*** EXERCISE DATA ***

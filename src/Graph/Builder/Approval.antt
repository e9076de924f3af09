-- ===== src/Graph/Builder/Approval.antt =====
-- What an automatic approval means, and who decides, on every way through graph/builder.py.
use kyc_agent_nordvik.Prelude.{
  ◌≡◌, ◌≢◌, sym, ap, ◌∙◌, subst, inl, inr, Bool, true, false, none, some, [], any, is_some, String,
  ◌≤◌, Bool-cases, eq-nil_of_nonempty,
}
use kyc_agent_nordvik.Rules.Risk.{is_critical_mismatch, is_expired, limit_for}
use kyc_agent_nordvik.Rules.Risk.Gate.{decide_gate-approve_iff}
use kyc_agent_nordvik.Rules.Risk.Triggers.{evaluate_risk_rules-eq-nil_iff}
use kyc_agent_nordvik.Schemas.Case.{KycPackage}
use kyc_agent_nordvik.Schemas.Decisions.{
  Decision, ValidationReport, RiskAssessment, approve, escalate, system, human,
}
use kyc_agent_nordvik.Graph.State.{KycState, is_degraded}
use kyc_agent_nordvik.Graph.Context.{PipelineContext}
use kyc_agent_nordvik.Graph.Confidence.{has_error}
use kyc_agent_nordvik.Graph.Nodes.Base.{
  intake, router, orchestrator, extract_document, validator, risk_scorer, decision_gate,
  auto_decision, human_review, finalize, handle_error,
}
use kyc_agent_nordvik.Graph.Nodes.Score.{risk_thresholds, flags_of, confidence_of, unavailable_of}
use kyc_agent_nordvik.Graph.Nodes.Decide.{gate_decision, triggers_of}
use kyc_agent_nordvik.Graph.Builder.{Pc, at, fan, waiting, ended, crashed, Config, Reach}
use kyc_agent_nordvik.Graph.Builder.Invariant.{
  Decided, PcInv, ErrorsDegrade, IsComplete, IsAssessed, Entry, Settled, Settled-Decided,
}
use kyc_agent_nordvik.Graph.Builder.Safety.{submitted, submitted-Inv, Reach-Inv}

not_both : ◌≡◌ {A = Bool} true false → ⊥
not_both e = cc

outcome_eq : {d g : Decision} → some d ≡ some g → d.outcome ≡ approve → g.outcome ≡ approve
outcome_eq e a = cc

not_system : {d h : Decision} → some d ≡ some h → h.decided_by ≡ human → d.decided_by ≡ system → ⊥
not_system e a b = cc

all_read :
    (s : KycState)
    → ErrorsDegrade s.extractions s.degraded_reasons
    → is_degraded s ≡ false
    → any has_error s.extractions ≡ false
all_read s h e = elim (Bool-cases (any has_error s.extractions)) [
  | inl failed ↦ absurd (not_both (sym (h failed) ∙ e))
  | inr fine ↦ fine
]

module _ {W : Type 0} (ctx : PipelineContext W) where
  -- All that stands behind an approval without a human.
  pub record IsCleared (s : KycState) : Type 0 where
    pub complete : IsComplete s.kyc_package s.classified_documents
    pub not_degraded : s.degraded_reasons ≡ []
    pub all_read : any has_error s.extractions ≡ false
    pub report : ValidationReport
    pub validated : s.validation ≡ some report
    pub none_expired : any is_expired report.rule_flags ≡ false
    pub none_mismatched : any is_critical_mismatch report.rule_flags ≡ false
    pub confident : ctx.settings.confidence_threshold ≤ report.overall_confidence
    pub within_limit :
        s.kyc_package.applicant.expected_monthly_volume_eur
        ≤ limit_for s.kyc_package.customer_type (risk_thresholds ctx.settings)
    pub risk : RiskAssessment
    pub assessed : s.risk ≡ some risk
    pub none_sanctioned : risk.sanctions_hits ≡ []
    pub none_exposed : risk.pep_hits ≡ []

  contradiction : (s : KycState) (d : Decision) → s.decision ≡ none → s.decision ≡ some d → ⊥
  contradiction s d n e = cc

  Decided-of :
      (s : KycState) (pc : Pc) (d : Decision) → PcInv ctx s pc → s.decision ≡ some d → Decided ctx s
  Decided-of s (at intake) d h e = absurd (contradiction s d h.0 e)
  Decided-of s (at router) d h e = absurd (contradiction s d h.0 e)
  Decided-of s (at orchestrator) d h e = absurd (contradiction s d h.0 e)
  Decided-of s (at extract_document) d h e = absurd h
  Decided-of s (at validator) d h e = absurd (contradiction s d h.0.0 e)
  Decided-of s (at risk_scorer) d h e = absurd (contradiction s d h.0.0 e)
  Decided-of s (at handle_error) d h e = absurd (contradiction s d h.0.0 e)
  Decided-of s (at decision_gate) d h e = absurd (contradiction s d h.0 e)
  Decided-of s (at auto_decision) d h e = (h.0, inl h.1)
  Decided-of s (at human_review) d h e = (h.0, inl h.1)
  Decided-of s (at finalize) d h e = Settled-Decided ctx s h
  Decided-of s (fan slots) d h e = absurd (contradiction s d h.0.0 e)
  Decided-of s (waiting values) d h e = (h.0, inl h.1)
  Decided-of s ended d h e = Settled-Decided ctx s h
  Decided-of s (crashed c) d (inl n) e = absurd (contradiction s d n e)
  Decided-of s (crashed c) d (inr h) e = h

  -- A clean risk assessment, from the triggers that the gate saw.
  assessed_clean :
      (s : KycState)
      → (degraded : s.degraded_reasons ≡ []) → any has_error s.extractions ≡ false
      → IsComplete s.kyc_package s.classified_documents
      → IsAssessed ctx s.kyc_package s.validation s.risk
      → any is_expired (flags_of s.validation) ≡ false
      → triggers_of s.risk ≡ []
      → IsCleared s
  assessed_clean s degraded read c a expired clean =
      let fired = sym a.triggers ∙ sym (ap triggers_of a.assessed) ∙ clean in
      let (no_hits, no_pep, no_ubo, available, volume, confidence, mismatch) =
        (evaluate_risk_rules-eq-nil_iff ctx.python s.kyc_package.customer_type
            s.kyc_package.applicant.expected_monthly_volume_eur (confidence_of s.validation)
            (flags_of s.validation) a.result.sanctions_hits a.result.pep_hits a.result.ubo_hits
            (unavailable_of a.result) (risk_thresholds ctx.settings)).0
          fired in
      record {
        complete = c;
        not_degraded = degraded;
        all_read = read;
        report = a.report;
        validated = a.validated;
        none_expired = subst (λ v. any is_expired (flags_of v) ≡ false) a.validated expired;
        none_mismatched =
            subst (λ v. any is_critical_mismatch (flags_of v) ≡ false) a.validated mismatch;
        confident =
            subst (λ v. ctx.settings.confidence_threshold ≤ confidence_of v) a.validated confidence;
        within_limit = volume;
        risk = a.risk;
        assessed = a.assessed;
        none_sanctioned = a.sanctions_shown ∙ no_hits;
        none_exposed = a.pep_shown ∙ cc (no_pep, no_ubo);
      }

  IsCleared-of : (s : KycState) → Entry ctx s → (gate_decision s).outcome ≡ approve → IsCleared s
  IsCleared-of s h e =
      let (c, expired, clean, fine) =
        (decide_gate-approve_iff s.completeness_flag (flags_of s.validation) (triggers_of s.risk)
            (is_degraded s)).0
          e in
      elim h.1 [
        | inl degraded ↦ absurd (not_both (sym degraded ∙ fine))
        | inr (inl incomplete) ↦ absurd (not_both (sym incomplete ∙ ap is_some c))
        | inr (inr (k, a)) ↦
            assessed_clean s (eq-nil_of_nonempty s.degraded_reasons fine) (all_read s h.0 fine) k a
              expired clean
      ]

  -- If a case that was submitted holds an approval by the system, then every required document
  -- was recognised, the case is not degraded, every extraction was read, the report has no expiry
  -- and no critical mismatch and enough confidence, the volume is within its limit, and the risk
  -- assessment holds no hit of a registry.
  pub auto_approval-IsCleared :
      (case_id : String) (package' : KycPackage) (w : W) (c : Config W) (d : Decision)
      → Reach ctx (submitted ctx case_id package' w) c
      → c.state.decision ≡ some d
      → d.outcome ≡ approve
      → d.decided_by ≡ system
      → IsCleared c.state
  auto_approval-IsCleared case_id package' w c d r e a b =
      let (entry, who) =
        Decided-of c.state c.pc d (Reach-Inv ctx (submitted-Inv ctx case_id package' w) r) e in
      elim who [
        | inl gate ↦ IsCleared-of c.state entry (outcome_eq (sym e ∙ gate) a)
        | inr (h, f, by_human, _) ↦ absurd (not_system (sym e ∙ f) by_human b)
      ]

  Settled-of :
      (case_id : String) (package' : KycPackage) (w : W) (c : Config W)
      → Reach ctx (submitted ctx case_id package' w) c
      → c.pc ≡ ended
      → Settled ctx c.state
  Settled-of case_id package' w c r e =
      subst (PcInv ctx c.state) e (Reach-Inv ctx (submitted-Inv ctx case_id package' w) r)

  -- A submitted case that has ended holds a decision, and it is to approve or to reject.
  pub ended-decision :
      (case_id : String) (package' : KycPackage) (w : W) (c : Config W)
      → Reach ctx (submitted ctx case_id package' w) c
      → c.pc ≡ ended
      → (d : Decision) × (c.state.decision ≡ some d) × (d.outcome ≢ escalate)
  ended-decision case_id package' w c r e = elim (Settled-of case_id package' w c r e).1 [
    | inl (gate, final) ↦ (gate_decision c.state, gate, final)
    | inr (d, f, _, final) ↦ (d, f, final)
  ]

  -- If the state of a submitted case that has ended calls for an escalation (a trigger fired, or
  -- the case is degraded), then its decision was taken by a human.
  pub ended-escalated :
      (case_id : String) (package' : KycPackage) (w : W) (c : Config W)
      → Reach ctx (submitted ctx case_id package' w) c
      → c.pc ≡ ended
      → (gate_decision c.state).outcome ≡ escalate
      → (d : Decision) × (c.state.decision ≡ some d) × (d.decided_by ≡ human)
  ended-escalated case_id package' w c r e x = elim (Settled-of case_id package' w c r e).1 [
    | inl (gate, final) ↦ absurd (final x)
    | inr (d, f, by_human, _) ↦ (d, f, by_human)
  ]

*** End of EXERCISE DATA ***

**WHAT YOU WILL DO**: Show each line from the material above where the string "every" can be found.

**EXERCISE OUTPUT**:
-- What an automatic approval means, and who decides, on every way through graph/builder.py.
  -- If a case that was submitted holds an approval by the system, then every required document
  -- was recognised, the case is not degraded, every extraction was read, the report has no expiry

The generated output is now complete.